#### Materials provided

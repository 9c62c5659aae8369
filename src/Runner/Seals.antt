-- ===== src/Runner/Seals.antt =====
-- harness/story_runner.py: what a story's pull request waits for, and what its seal changes.
use dc_ness.Base.{
  String, string_eq, true, false, Option, none, some, ◌==◌, refl, sym, ap, ◌∙◌, ◌≡◌, arith, eq_iff,
  subst,
}
use dc_ness.Base.Dict.{Dict, put, lookup-put}
use dc_ness.Runner.Tasks.{Task, Seal, State, Result, ok, err, ◌>>=◌}
use dc_ness.Runner.Actions.{
  Action, Summary, task_action, story_pr, has_status, is_stopped, first_task, first_pending,
  last_task, is_sealed, progress, story_summary, story_boundary_before, pending_action,
  final_action, stopped_action, open_action, live_action, next_action, sealed_with, seal_story,
  seal_story_from_git, sealed_from, last_commit, Worktree,
}
use dc_ness.Runner.Choice.{IsBoundary, story_boundary_before_lem}

-- The state in which next_action offers the pull request of a story.
abbrev pub AtStory : State → String → Task → Type 0
AtStory s story t =
    (first_task is_stopped s.tasks ≡ none)
    × (first_task (has_status "running") s.tasks ≡ none)
    × (before : Task) × (first_pending none s.tasks ≡ some (some before, t))
    × (before.story ≡ story)
    × IsBoundary s before t

-- The story whose pull request an action asks for, and the task that waits for it.
abbrev pub offered : Result Action → Option (String × Task)
offered (ok (story_pr story pr_base next_base t p)) = some (story.story, t)
offered _ = none

-- The story at whose end an action stands.
abbrev pub at_boundary : Result Action → Option Summary
at_boundary (ok (story_pr story pr_base next_base t p)) = some story
at_boundary _ = none

pending_action-offered :
    (s : State) (previous : Option Task) (t u : Task) (story : String)
    → offered (pending_action s previous t) ≡ some (story, u)
    → (t ≡ u) × (story_boundary_before s previous t ≡ some story)
unfolding story_summary
pending_action-offered s previous t u story w = go (story_boundary_before s previous t) refl
  where
    go :
        (b : Option String)
        → story_boundary_before s previous t ≡ b
        → (t ≡ u) × (story_boundary_before s previous t ≡ some story)
    go none h = ground (arith, h, w)
    go (some name) h = ground (arith, h, w)

final_action-offered : (s : State) (last : Option Task) → offered (final_action s last) ≡ none
final_action-offered s none = refl
final_action-offered s (some last) = ground arith

open_action-offered :
    (s : State) (t : Task) (story : String) (r : Option (Option Task × Task))
    → offered (open_action s r) ≡ some (story, t)
    → (previous : Option Task) × (r ≡ some (previous, t))
      × (story_boundary_before s previous t ≡ some story)
open_action-offered s t story none w = ground (arith, w, final_action-offered s (last_task s.tasks))
open_action-offered s t story (some (previous, u)) w =
    let (same, h) = pending_action-offered s previous u t story w in
    (
      previous,
      ap (λ x. some (previous, x)) same,
      subst (λ x. story_boundary_before s previous x ≡ some story) same h,
    )

-- next_action asks for the pull request of a story only when no task is stopped or running, the
-- story of the task before the first pending one is another one, it is not sealed and all its
-- tasks are completed.
next_action-AtStory :
    (s : State) (t : Task) (story : String)
    → offered (next_action s) ≡ some (story, t)
    → AtStory s story t
unfolding next_action
next_action-AtStory s t story w =
    go (first_task is_stopped s.tasks) (first_task (has_status "running") s.tasks) refl refl w
  where
    go :
        (stopped running : Option Task)
        → first_task is_stopped s.tasks ≡ stopped
        → first_task (has_status "running") s.tasks ≡ running
        → offered (elim stopped [ some x ↦ ok (stopped_action s x) | none ↦ live_action s running ])
          ≡ some (story, t)
        → AtStory s story t
    go (some x) running e e' h = ground (arith, h)
    go none (some x) e e' h = ground (arith, h)
    go none none e e' h =
        let (previous, at, boundary) =
          open_action-offered s t story (first_pending none s.tasks) h in
        let (before, found, name, ends) = story_boundary_before_lem s previous t story boundary in
        (e, e', before, at ∙ ap (λ x. some (x, t)) found, name, ends)

-- The seal that seal_story stores.
seal_story_lem :
    (s s' : State) (branch tip : String)
    → seal_story s branch tip ≡ ok s'
    → (story : String) × (t : Task) × (seal : Seal) × (offered (next_action s) ≡ some (story, t))
      × (s' ≡ record s { sealed_stories = put story seal s.sealed_stories })
unfolding seal_story
seal_story_lem s s' branch tip e = go (next_action s) e
  where
    go :
        (r : Result Action)
        → (r >>= λ a. sealed_with s a branch tip) ≡ ok s'
        → (story : String) × (t : Task) × (seal : Seal) × (offered r ≡ some (story, t))
          × (s' ≡ record s { sealed_stories = put story seal s.sealed_stories })
    go (err x) h = ground (arith, h)
    go (ok (story_pr story pr_base next_base t p)) h = (
      story.story,
      t,
      record { branch = branch; tip = tip; pr_base = pr_base },
      refl,
      ground (arith, h),
    )
    go (ok a) h = ground (arith, h)

sealed_story_is_no_boundary :
    (s : State) (before t : Task)
    → is_sealed s before.story ≡ true
    → story_boundary_before s (some before) t ≡ none
unfolding story_boundary_before
sealed_story_is_no_boundary s before t h = ground (arith, h)

next_action-sealed :
    (s : State) (story : String) (t : Task)
    → AtStory s story t
    → (seals : Dict String Seal) → (is_sealed (record s { sealed_stories = seals }) story ≡ true)
    → next_action (record s { sealed_stories = seals }) ≡ ok (task_action t (progress s))
unfolding next_action story_boundary_before progress
next_action-sealed s story t (e, e', before, at, name, ends) seals h =
    rw
      (
        e,
        e',
        at,
        pending_action,
        sealed_story_is_no_boundary (record s { sealed_stories = seals }) before t
            (subst (λ x. is_sealed (record s { sealed_stories = seals }) x ≡ true) (sym name) h),
      )
      refl

-- After the seal of a story its pull request is not asked for again: the next action is the task
-- that waited for it.
pub seal_story-next_action :
    (s s' : State) (branch tip : String)
    → seal_story s branch tip ≡ ok s'
    → (story : String) × (t : Task) × (offered (next_action s) ≡ some (story, t))
      × (is_sealed s' story ≡ true)
      × (next_action s' ≡ ok (task_action t (progress s)))
seal_story-next_action s s' branch tip e =
    let (story, t, seal, at, left) = seal_story_lem s s' branch tip e in
    let stored : is_sealed (record s { sealed_stories = put story seal s.sealed_stories }) story
        ≡ true =
      rw (is_sealed, lookup-put story story seal s.sealed_stories, (eq_iff story story).1 refl)
        refl in
    (
      story,
      t,
      at,
      subst (λ x. is_sealed x story ≡ true) (sym left) stored,
      subst (λ x. next_action x ≡ ok (task_action t (progress s))) (sym left)
          (next_action-sealed s story t (next_action-AtStory s t story at)
            (put story seal s.sealed_stories) stored),
    )

-- A story sealed from the worktree is sealed with its branch and its tip, both named, and the tip
-- has the commit of the story's last task.
seal_story_from_git-seal_story :
    (s s' : State) (git : Worktree)
    → seal_story_from_git s git ≡ ok s'
    → (seal_story s git.current_branch git.head ≡ ok s')
      × ((git.current_branch == "") ≡ false)
      × ((git.head == "") ≡ false)
      × (story : Summary) × (at_boundary (next_action s) ≡ some story)
      × (git.is_ancestor (last_commit story.commits) ≡ true)
unfolding seal_story_from_git seal_story
seal_story_from_git-seal_story s s' git e = go (next_action s) e
  where
    go :
        (r : Result Action)
        → (r >>= sealed_from s git) ≡ ok s'
        → ((r >>= λ a. sealed_with s a git.current_branch git.head) ≡ ok s')
          × ((git.current_branch == "") ≡ false)
          × ((git.head == "") ≡ false)
          × (story : Summary) × (at_boundary r ≡ some story)
          × (git.is_ancestor (last_commit story.commits) ≡ true)
    go (err x) h = ground (arith, h)
    go (ok (story_pr story pr_base next_base t p)) h =
        (ground (arith, h), ground (arith, h), ground (arith, h), story, refl, ground (arith, h))
    go (ok a) h = ground (arith, h)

########

## Task goal
Please copy every line of the records above in which "commits" appears.

## Response
      × (git.is_ancestor (last_commit story.commits) ≡ true)
          × (git.is_ancestor (last_commit story.commits) ≡ true)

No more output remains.